# Cooling neck wraps



## WingDog (Sep 1, 2011)

So I was wearing my suit around the other day and kept getting really hot (surprise right?) So I began to research other ways to stay cool inside a suit when I came across these http://www.polarbreezebandanas.com/

They are these neck wraps that you soak in water for about 30 minutes and then will stay cool for days as the water evaporates from them.

My question is, has anyone tried them or know anyone who has? Do they really work, or will they ruin your suit from the water being released? Which I don't imagine would happen as it is probably better than getting your suit all sweaty.

They also seem to be a cheap alternative to things like ice vests, and these you don't freeze or refrigerate.


----------



## Volkodav (Sep 1, 2011)

I wouldn't wear it in a fursuit because of all the water inside it.
I know there are pet bandanas that have a pack inside that you freeze & put around their neck... look for those? There's no water dripping out of it AFAIK


----------



## WingDog (Sep 1, 2011)

The problem with anything that needs to be frozen is that you need a place to freeze it. If your at a con, your a bit out of luck, unless you put it in the ice bucket, even then that won't freeze your pack, just cool it down.

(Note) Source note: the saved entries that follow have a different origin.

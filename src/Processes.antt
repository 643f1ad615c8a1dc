-- ===== src/Processes.antt =====
-- Processes that share the registry, one step at a time: how the calls of src/new_common.c interleave.
-- The global semaphore makes the body of each operation of src/registry.c one step; between them the
-- system specific parts run, and other processes.
pub mod Invariant
pub mod Facts
pub mod Steps
pub mod Safety
pub mod Runs
pub mod Race
pub mod Progress
pub mod Atomic
pub mod Bodies
use urt.Base.{ℕ, ◌<◌, ◌≡◌, Bool, true, false, Option, none, some, List, ◌==◌, if◌then◌else◌}
use urt.Base.Family.{update}
use urt.Global.{Errno, Result, ok, err, World, object_at}
use urt.Registry.{
  reserve_name, inc_name_count, dec_name_count, get_object_by_name_and_inc_count, Release,
}
use urt.Shared.{describe_at, mark_at}

-- Where a process stands in SHOBJ_NEW or SHOBJ_ATTACH: the system specific part of a new object runs;
-- the object is made and described; that of an attachment runs; the object is in use.
pub data Role : Type 0 where
  making made attaching using : Role

-- A process does nothing with the registry, or has to do with the object of a name in a slot. A
-- process with several objects is several agents.
pub data Stage : Type 0 where
  idle : Stage
  busy : Role → List ℕ → ℕ → Stage

pub record System : Type 0 where
  pub world : World
  pub stage : ℕ → Stage

abbrev pub moved : System → ℕ → World → Stage → System
moved s a w st = record { world = w; stage = update s.stage a st }

-- One step of one of `n` agents. If `careful`, nobody attaches to a name while it is being made.
pub data Step (careful : Bool) (n : ℕ) (s t : System) : Type 0 where
  reserve :
      (a : ℕ) (name : List ℕ) (i : ℕ) (w : World)
      → a < n
      → s.stage a ≡ idle
      → reserve_name name s.world ≡ some (ok i, w)
      → t ≡ moved s a w (busy making name i)
      → Step careful n s t
  reserve_fails :
      (a : ℕ) (name : List ℕ) (e : Errno) (w : World)
      → a < n
      → s.stage a ≡ idle
      → reserve_name name s.world ≡ some (err e, w)
      → t ≡ moved s a w idle
      → Step careful n s t
  describe :
      (a : ℕ) (name : List ℕ) (i : ℕ) (in_memory : Bool) (kind sz : ℕ)
      → a < n
      → s.stage a ≡ busy making name i
      → t ≡ moved s a (describe_at in_memory kind sz i s.world) (busy made name i)
      → Step careful n s t
  abandon :
      (a : ℕ) (name : List ℕ) (i : ℕ) (w : World)
      → a < n
      → s.stage a ≡ busy making name i
      → dec_name_count none i s.world ≡ some (tt, w)
      → t ≡ moved s a w idle
      → Step careful n s t
  publish :
      (a : ℕ) (name : List ℕ) (i : ℕ) (w : World)
      → a < n
      → s.stage a ≡ busy made name i
      → inc_name_count i s.world ≡ some (tt, w)
      → t ≡ moved s a w (busy using name i)
      → Step careful n s t
  attach :
      (a : ℕ) (name : List ℕ) (i : ℕ) (w : World)
      → a < n
      → s.stage a ≡ idle
      → get_object_by_name_and_inc_count name s.world ≡ some (some i, w)
      → (careful ≡ true → (object_at s.world.mem i).reserved ≡ false)
      → t ≡ moved s a w (busy attaching name i)
      → Step careful n s t
  attach_fails :
      (a : ℕ) (name : List ℕ) (w : World)
      → a < n
      → s.stage a ≡ idle
      → get_object_by_name_and_inc_count name s.world ≡ some (none, w)
      → t ≡ moved s a w idle
      → Step careful n s t
  map_in :
      (a : ℕ) (name : List ℕ) (i : ℕ) (in_memory : Bool)
      → a < n
      → s.stage a ≡ busy attaching name i
      → t ≡ moved s a (mark_at in_memory i s.world) (busy using name i)
      → Step careful n s t
  give_up :
      (a : ℕ) (name : List ℕ) (i : ℕ) (w : World)
      → a < n
      → s.stage a ≡ busy attaching name i
      → dec_name_count none i s.world ≡ some (tt, w)
      → t ≡ moved s a w idle
      → Step careful n s t
  detach :
      (a : ℕ) (name : List ℕ) (i : ℕ) (release : Release) (w : World)
      → a < n
      → s.stage a ≡ busy using name i
      → dec_name_count release i s.world ≡ some (tt, w)
      → t ≡ moved s a w idle
      → Step careful n s t

-- From a world in which no name is taken and every agent is idle.
pub data Reach (careful : Bool) (n : ℕ) (w : World) : System → Type 0 where
  here : {t : System} → t ≡ record { world = w; stage = λ a. idle } → Reach careful n w t
  later : {s t : System} → Reach careful n w s → Step careful n s t → Reach careful n w t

Anyway I don't think these drip with water, the crystals hold the water and it evaporates over time. But i'll look into the ice packs like that.


----------



## Arlo (Sep 1, 2011)

I got one to use at work this year and I have to say I do not like them.  Although the crystals don't actively drip, the cloth outside of the wrap does leach water onto anything it comes into contact with.  The other thumbs down factor for me was the fact that it goes from cool and refreshing to lukewarm and irritating in about ten minutes.  For me it was like having a warm, slimy worm wrapped around your neck (and the crystals do leave a slimy residue on your fingers, neck, whatever they touch).  I've since thrown mine out.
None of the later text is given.